Despite what he said, with his sister just recently returned after an eight-year absence and the passing of his mother, Claire was the woman in his life. She was important to him. They may never have been romantically involved, but what she thought mattered. Also, she was single. Jethro told me she was an only child and had no family to speak of. She had no other person in her life to make dinner for on Sundays.

I felt like a usurper.

I also felt a little irritated with her for making me feel like a usurper even though she’d done nothing but exist.

How’s that for mental health?

Claire’s house had flowers in boxes under the windows and along the porch. Gorgeous, neatly trimmed topiaries sat on either side of the porch steps and the door. The house looked like something out of a magazine.

“Wow,” I said, scanning the front yard. “This is a really pretty house.”

Jethro grinned like he was proud. “It is, right? I added the porch two years ago. The boxes were Claire’s idea last spring. I painted them to match the trim.”

I gaped at Jethro. “You built her porch?”

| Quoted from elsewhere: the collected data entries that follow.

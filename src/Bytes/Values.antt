-- ===== src/Bytes/Values.antt =====
-- What is written of a number is read back.
use mutiny_net.Prelude.{
  ℕ, zero, suc, ◌-◌, ◌*◌, ◌/◌, ◌^◌, ◌<◌, ◌≤◌, ◌≡◌, refl, ap, ◌∙◌, sym, arith, List, length,
}
use mutiny_net.Prelude.Int.{ℤ, pos, negsuc}
use mutiny_net.Prelude.Result.{ok}
use mutiny_net.Bytes.{le_value, le_digits, to_bytes, to_bytes_signed, le_value_signed}
use native.Mathlib.Nat.{pow-suc}

pub length-le_digits : (n k : ℕ) → length (le_digits n k) ≡ n
unfolding le_digits
length-le_digits zero k = refl
length-le_digits (suc n) k = ap suc (length-le_digits n (k / 256))

pub le_value-le_digits : (n k : ℕ) → k < 256 ^ n → le_value (le_digits n k) ≡ k
unfolding le_value le_digits
le_value-le_digits zero k h = omega arith
le_value-le_digits (suc n) k h =
    omega (arith, le_value-le_digits n (k / 256) (omega (arith, pow-suc 256 n)))

-- A number that fits is written in so many bytes that mean it.
pub to_bytes-eq-ok :
    (n k : ℕ) (s : List ℕ) → to_bytes n k ≡ ok s → (length s ≡ n) × (le_value s ≡ k)
unfolding to_bytes
to_bytes-eq-ok n k s h =
    let (l, e) = fits h in
    (ap length (sym e) ∙ length-le_digits n k, ap le_value (sym e) ∙ le_value-le_digits n k l)
  where
    fits : to_bytes n k ≡ ok s → (k < 256 ^ n) × (le_digits n k ≡ s)
    fits h = ground arith

pub le_value_signed-pos :
    (n k : ℕ) (s : List ℕ) → le_value s ≡ k → 2 * k < 256 ^ n → le_value_signed n s ≡ pos k
unfolding le_value_signed
le_value_signed-pos n k s e h = ground arith

le_value_signed-negsuc :
    (n k : ℕ) (s : List ℕ)
    → le_value s ≡ 256 ^ n - suc k
    → 2 * suc k ≤ 256 ^ n
    → le_value_signed n s ≡ negsuc k
unfolding le_value_signed
le_value_signed-negsuc n k s e h = ground arith

pub to_bytes_signed-eq-ok :
    (n : ℕ) (k : ℤ) (s : List ℕ)
    → to_bytes_signed n k ≡ ok s
    → (length s ≡ n) × (le_value_signed n s ≡ k)
unfolding to_bytes_signed
to_bytes_signed-eq-ok n (pos k) s h =
    let (l, e) = fits h in
    (
      ap length (sym e) ∙ length-le_digits n k,
      le_value_signed-pos n k s (ap le_value (sym e) ∙ le_value-le_digits n k (omega arith)) l,
    )
  where
    fits : to_bytes_signed n (pos k) ≡ ok s → (2 * k < 256 ^ n) × (le_digits n k ≡ s)
    fits g = ground arith
to_bytes_signed-eq-ok n (negsuc k) s h =
    let (l, e) = fits h in
    (
      ap length (sym e) ∙ length-le_digits n (256 ^ n - suc k),
      le_value_signed-negsuc n k s
          (ap le_value (sym e) ∙ le_value-le_digits n (256 ^ n - suc k) (omega arith)) l,
    )
  where
    fits :
        to_bytes_signed n (negsuc k) ≡ ok s
        → (2 * suc k ≤ 256 ^ n) × (le_digits n (256 ^ n - suc k) ≡ s)
    fits g = ground arith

He nodded, completely clueless as to how that news sounded to me. “I did. And the gazebo and deck out back. I’ve done a little work around the house, from time to time.”

A little work. You know, like building porches, decks, and gazebos.

Maybe this news wouldn’t have struck me so acutely if Jethro and I had been together longer, or if we’d been physically intimate since the Daisy Doughnut incident last Monday. But we hadn’t. This thing between us was new and tentative and just a week old.